Décadas depois de seus dias premiados como jovem poeta publicado, Oscar (Rios) é divorciado, sufocado criativamente e sem um tostão, morando com sua mãe doente (Margarita Soto), separado de sua filha (Alisson Correa) e propenso a chorar de autopiedade quando não está bêbado, pedindo desculpas a quem ouve seu país. Ameaçado por sua família entediada, a menos que assuma um cargo de professor de poesia no ensino médio, Oscar engole seu orgulho e aceita o cargo.

Seus sentimentos mudam quando ele é apresentado ao pensamento escrito e direto da distraída estudante Yurlady (Rebeca Andrade, uma caloura de sucesso), que mora em uma casa apertada há quatro gerações. Oscar vê uma chance de se redimir tornando-se o mentor da garota, com o objetivo de colocá-la em uma prestigiada escola de poesia e em um festival de premiação organizado por seu arquirrival Efrain (Guillermo Cardona, um arrogante crível). Se Yurlady deseja reconhecimento público é outra questão, porque ela só considerava a escrita como uma forma pessoal de se expressar. Enquanto isso, Oscar, com seu idealismo despertado, vê uma oportunidade para um garoto problemático com talento bruto escapar de sua existência miserável.

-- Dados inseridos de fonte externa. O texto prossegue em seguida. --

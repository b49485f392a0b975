-- ===== src/Reservation/AutoAssign.antt =====
-- Auto-assign: the request for so many assets of a type, the query for the oldest that match, and
-- the removal of repeated ids.
pub mod Pick
pub mod Dedupe
pub mod Repeat
use feature_asset_inventory.Base.{
  ℕ, zero, suc, ◌≤◌, ◌<◌, String, ◌≡◌, refl, Bool, true, false, ◌&&◌, ◌||◌, not, Option, none, some,
  List, [], ◌∷◌, ◌++◌, map, arith, ◌==◌, ltb, leb, if◌then◌else◌, str_eq, opt_str_eq, is_blank,
  or_none, strip, length, take, select, mem, is_none,
}
use feature_asset_inventory.Base.Http.{
  Result, ok, err, raise_if, ◌>>=◌, ◌>>◌, conflict, short_of_stock,
}
use feature_asset_inventory.Store.{Store}
use feature_asset_inventory.Store.Rows.{Asset}

pub record AutoAssign : Type 0 where
  pub asset_type : String
  pub quantity : ℕ
  pub model : Option String
  pub manufacturer : Option String

-- `if wanted: stmt.where(column == wanted)`
abbrev pub wants : Option String → Option String → Bool
wants none column = true
wants (some w) column = is_blank w || opt_str_eq column (some w)

abbrev pub matches : AutoAssign → Asset → Bool
matches req a =
    str_eq a.asset_type req.asset_type
    && is_none a.archived_at
    && wants req.model a.model
    && wants req.manufacturer a.manufacturer

-- `ORDER BY onboarded_at ASC`
insert_by_age : Asset → List Asset → List Asset
insert_by_age a [] = a ∷ []
insert_by_age a (b ∷ bs) =
    let rest = insert_by_age a bs in
    if leb a.onboarded_at b.onboarded_at then a ∷ b ∷ bs else b ∷ rest

unfoldable pub order_by_onboarded_at : List Asset → List Asset
unfolding insert_by_age
order_by_onboarded_at [] = []
order_by_onboarded_at (a ∷ as') = insert_by_age a (order_by_onboarded_at as')

-- The oldest `quantity` assets that match and pass the service's own conditions.
unfoldable pub pick_assets : (Asset → Bool) → List Asset → AutoAssign → List Asset
unfolding order_by_onboarded_at
pick_assets passes assets req =
    if req.quantity == 0
    then []
    else take req.quantity (order_by_onboarded_at (select (λ a. matches req a && passes a) assets))

-- The fields of a request after `strip`.
abbrev pub clean : Option String → Option String
clean none = none
clean (some s) = or_none (strip s)

unfoldable pub clean_request : AutoAssign → AutoAssign
clean_request req = record req {
  asset_type = strip req.asset_type;
  model = clean req.model;
  manufacturer = clean req.manufacturer;
}

-- The loop over the requests: each adds the ids that it picked, and one that falls short raises.
unfoldable pub auto_assign_ids : (AutoAssign → List Asset) → List AutoAssign → Result (List ℕ)
auto_assign_ids pick [] = ok []
auto_assign_ids pick (req ∷ reqs) =
    let wanted = clean_request req in
    let picked = pick wanted in
    let rest = auto_assign_ids pick reqs in
    raise_if (ltb (length picked) req.quantity) (
      conflict (
        short_of_stock req.quantity wanted.asset_type wanted.model wanted.manufacturer
          (length picked)))
    >> (rest >>= λ more. ok (map (λ a. a.id) picked ++ more))

-- "Dedupe while preserving order"
dedupe_from : List ℕ → List ℕ → List ℕ
dedupe_from seen [] = []
dedupe_from seen (x ∷ xs) =
    let rest = dedupe_from (if mem x seen then seen else x ∷ seen) xs in
    if mem x seen then rest else x ∷ rest

unfoldable pub dedupe : List ℕ → List ℕ
unfolding dedupe_from
dedupe = dedupe_from []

Boas intenções, no entanto, levam a expectativas e, muitas vezes, a tipos de escolhas e consequências terríveis que, no estilo nada sentimental de contar histórias de Soto, não estariam fora de lugar em uma comédia de terror da era muda ou em um terror indie. “O Poeta” não parece preocupado em manter um tom quando o assunto é tão amplo quanto a arte.

Portanto, este pequeno e comovente filme, apresentado pelo filme 16mm de Juan Sarmiento, prova que o coração fica estranho quando parece o mais feroz do zelo de Oscar. (O uso que Soto faz da música na música é uma pista: um clarinete triste ou uma agulha de piada são rapidamente cortados antes que você possa ler a instalação.)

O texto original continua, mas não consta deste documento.